As of about a day ago, the comp will be WCA sanctioned. Jeremy Fleischman will be the delegate. We are really excited and hope everyone can come.


----------



## uberCuber (May 8, 2011)

OMG ITS OFFICIAL I AM COMING FOR SURE

will prob pre-register later today


----------



## liljthedude (May 8, 2011)

We should have another competition in Phoenix in July. =)


----------



## ryan1127 (May 8, 2011)

uberCuber said:


> OMG ITS OFFICIAL I AM COMING FOR SURE
> 
> will prob pre-register later today


 
Awesome! Justmake sure to look over it again. We had to make a couple changes


----------



## uberCuber (May 8, 2011)

Well, it says that there is 5x5, so as long as that stays true, I'm happy 

btw, I am the Justin Thomas that sent a request to the Arizona Speedcubing facebook group


----------



## Adrian (May 8, 2011)

I would go, but I doubt I can convince my mom to drive me there from Tucson.


----------



## joey (May 8, 2011)

I just changed the title and moved this to the official WCA comps forum, congrats guys!


----------



## AustinReed (May 9, 2011)

OMFG RYAN YOU ARE SO AWESOME AND AMAZING.


> We should have another competition in Phoenix in July. =)


Yeah, we should call it "Hell Open".


----------



## uberCuber (May 9, 2011)

AustinReed said:


> OMFG RYAN YOU ARE SO AWESOME AND AMAZING.
> 
> Yeah, we should call it "Hell Open".


 
<3
that goes to both parts of your post

btw youre about to get a facebook friend request from me :3
try not to be too scared by my Fat Booth profile pic :3


----------



## AustinReed (May 9, 2011)

LOL as soon as I read it, my phone buzzed phone your request. 
I'm going to bring all my cubes, and be willing to trade any. I'll also be able to bring extra honey! <3


----------



## Tall5001 (May 9, 2011)

OMG you guys are amazing I am totally coming so is bobo11420 and Thrawst!!! TEAM NEW MEXICO FTW!!!!! but yeah and one in july would be amazing too!!! im soo looking forward to it!


----------



## liljthedude (May 9, 2011)

Sounds like it's going to be awesome! I might just not take my SAT and go there! Ah!


----------



## AustinReed (May 9, 2011)

Tall5001 said:


> OMG you guys are amazing I am totally coming so is bobo11420 and Thrawst!!! TEAM NEW MEXICO FTW!!!!! but yeah and one in july would be amazing too!!! im soo looking forward to it!


 
Dude! Awesome! Can't wait to see you all there! 

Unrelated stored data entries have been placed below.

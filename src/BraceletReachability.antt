-- ===== src/BraceletReachability.antt =====
-- src/BraceletReachability/BraceletReachability.cpp: the compiler pass that finds a module's edges.
pub mod Values
pub mod Constants
pub mod Names
pub mod Visitor
pub mod Calls
pub mod Functions
pub mod Modules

> Sounds like it's going to be awesome! I might just not take my SAT and go there! Ah!


I would take your SAT


----------



## Tall5001 (May 9, 2011)

AustinReed said:


> Dude! Awesome! Can't wait to see you there!


haha me too!!



AustinReed said:


> I would take your SAT


Well depends is he a senior or a freshman if he isnt anything more then a junior then haha dont take it!


----------



## liljthedude (May 9, 2011)

Junior. Senior next year...


----------



## Tall5001 (May 9, 2011)

liljthedude said:


> Junior. Senior next year...


 
eh i didnt take it my junior year im taking it my senior or this summer idk so i wouldnt unless you think you will do bad on it then take it so u have a second chance!


----------



## ryan1127 (May 9, 2011)

Adrian said:


> I would go, but I doubt I can convince my mom to drive me there from Tucson.


 
I know some other Tucson kids are coming. Carpool? 



Tall5001 said:


> OMG you guys are amazing I am totally coming so is bobo11420 and Thrawst!!! TEAM NEW MEXICO FTW!!!!! but yeah and one in july would be amazing too!!! im soo looking forward to it!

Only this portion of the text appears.